The story asserted that the group Moms for Liberty “claims that teachers are indoctrinating students with dangerous ideologies. But is the group’s aim protecting kids — or scaring parents?”

Then, on Nov. 1, Slate published a long-read story “The ‘Parental Rights’ Lie at the Heart of GOP Efforts to Target LGBTQ Youth.” That story explores how states throughout the country are targeting LGBTQ+ youth. “Bills and regulations banning youth access to transgender medical care or forbidding discussion of LGBTQ+ issues in the classroom have been enacted or proposed in at least 25 states. Most often these bills are defended on the grounds that they protect ‘parental rights.’”

USA TODAY also did an in-depth investigation into how certain political action committees are funding ‘parents’ rights advocates’ who run for school board positions.

Throughout 2022 PGN has reported on the increasingly anti-LGBTQ shift in national politics. There are now hundreds of anti-LGBTQ laws being promulgated in the states by the GOP. In addition, books on LGBTQ issues, abortion and race are being banned

As PGN reported, the Texas GOP solidified its platform in June, declaring homosexuality “abnormal” and calling for an end to same-sex marriage.

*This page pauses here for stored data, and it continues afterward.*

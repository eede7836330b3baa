-- ===== src/Ingest/BucketLimiter/Tests.antt =====
-- Runs of the token buckets, and the theorems about them at concrete schedules.
use get_exception.Base.{
  ℕ, ◌+◌, ◌*◌, ◌≤◌, ◌≡◌, refl, List, [], ◌∷◌, arith, String, string_eq, ◌-◌, ◌&&◌, ◌||◌, ltb, leb,
  length,
}
use text.Mathlib.TextEquality.{eq_iff}
use get_exception.Base.Dict.{get, has, set}
use get_exception.Ingest.BucketLimiter.{Call, init, sweep, take}
use get_exception.Ingest.BucketLimiter.Size.{IsBounded, take-IsBounded, init-IsBounded}
use get_exception.Ingest.BucketLimiter.Admission.{
  available, available-take_ne, take-admits, admitted, admitted-le,
}

-- A call of a client with no Origin header: 2 each second, at most 5 at once.
abbrev client_call : String → ℕ → Call String
client_call ip now = record { key = ip; rate = 2; burst = 5; now = now }

abbrev burst_of_six : List (Call String)
burst_of_six =
    client_call "ip:a" 1000
    ∷ client_call "ip:a" 1000
    ∷ client_call "ip:a" 1000
    ∷ client_call "ip:b" 1001
    ∷ client_call "ip:a" 1002
    ∷ client_call "ip:a" 1003
    ∷ client_call "ip:a" 1004
    ∷ []

five_admitted : admitted "ip:a" (init String) burst_of_six ≡ 5
unfolding admitted init take get has set
five_admitted = refl

one_call-IsBounded : IsBounded (take (init String) (client_call "ip:a" 1000)).0
one_call-IsBounded = take-IsBounded (init String) (client_call "ip:a" 1000) (init-IsBounded String)

admitted-le_example :
    1000 * admitted "ip:a" (init String) burst_of_six ≤ 1000 * 5 + (2000 - 1000) * 2
admitted-le_example =
    admitted-le "ip:a" 2 5 1000 2000 (init String) burst_of_six (omega arith) (omega arith)
      (omega arith) (init-IsBounded String)

other_key_untouched :
    available "ip:b" 2 5 (take (init String) (client_call "ip:a" 1000)).0 1000
    ≡ available "ip:b" 2 5 (init String) 1000
other_key_untouched =
    available-take_ne "ip:b" 2 5 (init String) (client_call "ip:a" 1000) (omega arith)
      (ground (arith, eq_iff "ip:a" "ip:b")) (init-IsBounded String)

one_call_admitted : (take (init String) (client_call "ip:a" 1000)).1 ≡ (
    (has (sweep (init String) 1000).buckets "ip:a"
      || ltb (length (sweep (init String) 1000).buckets) 20000)
    && leb 1000 (available "ip:a" 2 5 (init String) 1000))
one_call_admitted =
    take-admits (init String) (client_call "ip:a" 1000) (omega arith) (init-IsBounded String)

Also in that platform was a section on “parental rights,” which included not just the schools, but also support for conversion therapy, bans on gender-affirming care for trans youth and total restriction of any sex education that includes sexual orientation or gender identity.

The GOP platform states, “For the purpose of attempting to affirm a person age 21 or under if their perception is inconsistent with their biological sex,” “no medical practioner or provider may engage in the following practices” and lists administration of puberty blockers and hormone treatments as well as “any surgery on healthy body parts of the under age person.” 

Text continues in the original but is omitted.